Problem requirements –
For the material below, output exactly the span from the line with "pub saves : ℕ" to the line with "reset_call : StateCall", including both, and nothing besides.

++++++++

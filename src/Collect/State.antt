-- ===== src/Collect/State.antt =====
-- internal/collect/state.go: what the collector remembers of each log file, in memory and on disk. A
-- map is a function; the number of files that ResetOffsets returns is left out.
pub mod Rollback
use omni_token.Prelude.{
  ℕ, suc, String, Bool, true, false, not, ◌||◌, Option, none, some, ◌==◌, ltb, eqb, is_some,
  if◌then◌else◌,
}
use Prim.Native.String.{◌++◌ as append}

abbrev pub Map : Type 0 → Type 0
Map V = String → Option V

abbrev pub put : {V : Type 0} → String → V → Map V → Map V
put key v m k = if k == key then some v else m k

abbrev pub remove : {V : Type 0} → String → Map V → Map V
remove key m k = if k == key then none else m k

abbrev pub no_entries : {V : Type 0} → Map V
no_entries k = none

pub record InFlightScan : Type 0 where
  pub scan_start : ℕ
  pub scan_end : ℕ
  pub turn_start_ms : ℕ
  pub delivered : String → Bool

pub record State : Type 0 where
  pub files : Map ℕ
  pub repo_by_cwd : Map String
  pub turn_start : Map ℕ
  pub in_flight : Map InFlightScan
  pub chunks : Map (ℕ → Option String)

abbrev pub new_state : State
new_state = record {
  files = no_entries;
  repo_by_cwd = no_entries;
  turn_start = no_entries;
  in_flight = no_entries;
  chunks = no_entries;
}

-- The state file, as it reads.
pub data Disk : Type 0 where
  missing unreadable corrupt : Disk
  holds : State → Disk

unfoldable pub usable_scan : String → Option InFlightScan → Option InFlightScan
usable_scan file none = none
usable_scan file (some scan) =
    if file == "" || ltb scan.scan_end scan.scan_start then none else some scan

unfoldable pub load_state : Disk → Option State
unfolding usable_scan
load_state missing = some new_state
load_state unreadable = none
load_state corrupt = some new_state
load_state (holds s) = some (record s { in_flight = λ file. usable_scan file (s.in_flight file) })

-- The process: its memory, the file, and the number of saves it has tried.
pub record Process : Type 0 where
  pub memory : State
  pub disk : Disk
  pub saves : ℕ

-- Whether a save succeeds; the file is replaced as a whole or not at all.
abbrev pub saved : Bool → State → State → Process → Process × Bool
saved true new old p = (record p { memory = new; disk = holds new; saves = suc p.saves }, true)
saved false new old p = (record p { memory = old; saves = suc p.saves }, false)

abbrev pub restored : {V : Type 0} → String → Option V → Map V → Map V
restored file none m = remove file m
restored file (some v) m = put file v m

abbrev pub offset_of : Option ℕ → ℕ
offset_of none = 0
offset_of (some n) = n

abbrev pub with_delivered : String → InFlightScan → InFlightScan
with_delivered key scan = record scan {
  delivered = λ k. if k == key then true else scan.delivered k;
}

abbrev pub is_delivered : String → Option InFlightScan → Bool
is_delivered key none = false
is_delivered key (some scan) = scan.delivered key

abbrev pub chunk_at : ℕ → Option (ℕ → Option String) → String
chunk_at i none = ""
chunk_at i (some m) = elim (m i) [ none ↦ "" | some key ↦ key ]

-- `s.Chunks[file][ordinal] == key`
unfoldable pub chunk_delivered : String → ℕ → String → State → Bool
chunk_delivered file ordinal key s = chunk_at ordinal (s.chunks file) == key

unfoldable pub delivery_done : String → String → State → Bool
delivery_done file key s = is_delivered key (s.in_flight file)

-- A call that may change the state.
pub data StateCall : Type 0 where
  reset_call : StateCall
  begin_call : String → ℕ → ℕ → ℕ → StateCall
  mark_call : String → String → StateCall
  discard_call : String → StateCall
  commit_call : String → ℕ → ℕ → Option (ℕ → Option String) → StateCall
  repo_call : String → String → (String → String) → StateCall

abbrev pub put_back : {V : Type 0} → String → Option V → Map V → Map V
put_back file none m = m
put_back file (some v) m = put file v m

abbrev pub put_chunks :
    String → Option (ℕ → Option String) → Map (ℕ → Option String) → Map (ℕ → Option String)
put_chunks file none m = m
put_chunks file (some c) m = put file c m

abbrev pub restored_chunks :
    String
    → Option (ℕ → Option String)
    → Option (ℕ → Option String)
    → Map (ℕ → Option String)
    → Map (ℕ → Option String)
restored_chunks file none old m = m
restored_chunks file (some c) old m = restored file old m

module _ (save_ok : ℕ → Bool) where
  abbrev pub save : State → State → Process → Process × Bool
  save new old p = saved (save_ok p.saves) new old p

  unfoldable pub reset_offsets : Process → Process × Bool
  reset_offsets p =
      let s = p.memory in
      let new = record s {
        files = no_entries;
        turn_start = no_entries;
        in_flight = no_entries;
        chunks = no_entries;
      } in
      save new
        (record new {
          files = s.files;
          turn_start = s.turn_start;
          in_flight = s.in_flight;
          chunks = s.chunks;
        })
        p

  unfoldable pub begin_scan : String → ℕ → ℕ → ℕ → Process → Process × Bool
  begin_scan file start end turn_start p =
      let scan : InFlightScan = record {
        scan_start = start;
        scan_end = end;
        turn_start_ms = turn_start;
        delivered = λ k. false;
      } in
      let new = record p.memory { in_flight = put file scan p.memory.in_flight } in
      let tried = save new (record new { in_flight = remove file new.in_flight }) p in
      if is_some (p.memory.in_flight file) then (p, true) else tried

  abbrev pub mark_scan : String → String → Option InFlightScan → Process → Process × Bool
  mark_scan file key none p = (p, false)
  mark_scan file key (some scan) p =
      let new = record p.memory {
        in_flight = put file (with_delivered key scan) p.memory.in_flight;
      } in
      let tried = save new (record new { in_flight = put file scan new.in_flight }) p in
      if scan.delivered key then (p, true) else tried

  unfoldable pub mark_delivery_done : String → String → Process → Process × Bool
  mark_delivery_done file key p = mark_scan file key (p.memory.in_flight file) p

  unfoldable pub discard_scan : String → Process → Process × Bool
  discard_scan file p =
      let s = p.memory in
      let new = record s { in_flight = remove file s.in_flight; chunks = remove file s.chunks } in
      let tried =
        save new
          (record new {
            in_flight = put_back file (s.in_flight file) new.in_flight;
            chunks = put_back file (s.chunks file) new.chunks;
          })
          p in
      if is_some (s.in_flight file) || is_some (s.chunks file) then tried else (p, true)

  unfoldable pub commit : String → ℕ → ℕ → Option (ℕ → Option String) → Process → Process × Bool
  commit file offset turn_start chunks p =
      let s = p.memory in
      let new = record s {
        files = put file offset s.files;
        turn_start = if ltb 0 turn_start then put file turn_start s.turn_start else s.turn_start;
        in_flight = remove file s.in_flight;
        chunks = put_chunks file chunks s.chunks;
      } in
      save new
        (record new {
          files = restored file (s.files file) new.files;
          turn_start = restored file (s.turn_start file) new.turn_start;
          in_flight = put_back file (s.in_flight file) new.in_flight;
          chunks = restored_chunks file chunks (s.chunks file) new.chunks;
        })
        p

  abbrev pub cached_repo :
      Option String → String → (String → String) → String → Process → Process × String
  cached_repo (some repo) key resolve cwd p = (p, repo)
  cached_repo none key resolve cwd p =
      let repo = resolve cwd in
      let new = record p.memory { repo_by_cwd = put key repo p.memory.repo_by_cwd } in
      ((save new new p).0, repo)

  -- The save's result is ignored.
  unfoldable pub repo_for : String → String → (String → String) → Process → Process × String
  repo_for device cwd resolve p =
      let key = append device (append "|" cwd) in
      cached_repo (p.memory.repo_by_cwd key) key resolve cwd p

  -- The process after a call, and false if the call returned an error, which RepoFor cannot.
  unfoldable pub run_call : StateCall → Process → Process × Bool
  unfolding reset_offsets begin_scan mark_delivery_done discard_scan commit repo_for
  run_call reset_call p = reset_offsets p
  run_call (begin_call file start end turn_start) p = begin_scan file start end turn_start p
  run_call (mark_call file key) p = mark_delivery_done file key p
  run_call (discard_call file) p = discard_scan file p
  run_call (commit_call file offset turn_start chunks) p = commit file offset turn_start chunks p
  run_call (repo_call device cwd resolve) p = ((repo_for device cwd resolve p).0, true)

++++++++

Final answer –
  pub saves : ℕ

-- Whether a save succeeds; the file is replaced as a whole or not at all.
abbrev pub saved : Bool → State → State → Process → Process × Bool
saved true new old p = (record p { memory = new; disk = holds new; saves = suc p.saves }, true)
saved false new old p = (record p { memory = old; saves = suc p.saves }, false)

abbrev pub restored : {V : Type 0} → String → Option V → Map V → Map V
restored file none m = remove file m
restored file (some v) m = put file v m

abbrev pub offset_of : Option ℕ → ℕ
offset_of none = 0
offset_of (some n) = n

abbrev pub with_delivered : String → InFlightScan → InFlightScan
with_delivered key scan = record scan {
  delivered = λ k. if k == key then true else scan.delivered k;
}

abbrev pub is_delivered : String → Option InFlightScan → Bool
is_delivered key none = false
is_delivered key (some scan) = scan.delivered key

abbrev pub chunk_at : ℕ → Option (ℕ → Option String) → String
chunk_at i none = ""
chunk_at i (some m) = elim (m i) [ none ↦ "" | some key ↦ key ]

-- `s.Chunks[file][ordinal] == key`
unfoldable pub chunk_delivered : String → ℕ → String → State → Bool
chunk_delivered file ordinal key s = chunk_at ordinal (s.chunks file) == key

unfoldable pub delivery_done : String → String → State → Bool
delivery_done file key s = is_delivered key (s.in_flight file)

-- A call that may change the state.
pub data StateCall : Type 0 where
  reset_call : StateCall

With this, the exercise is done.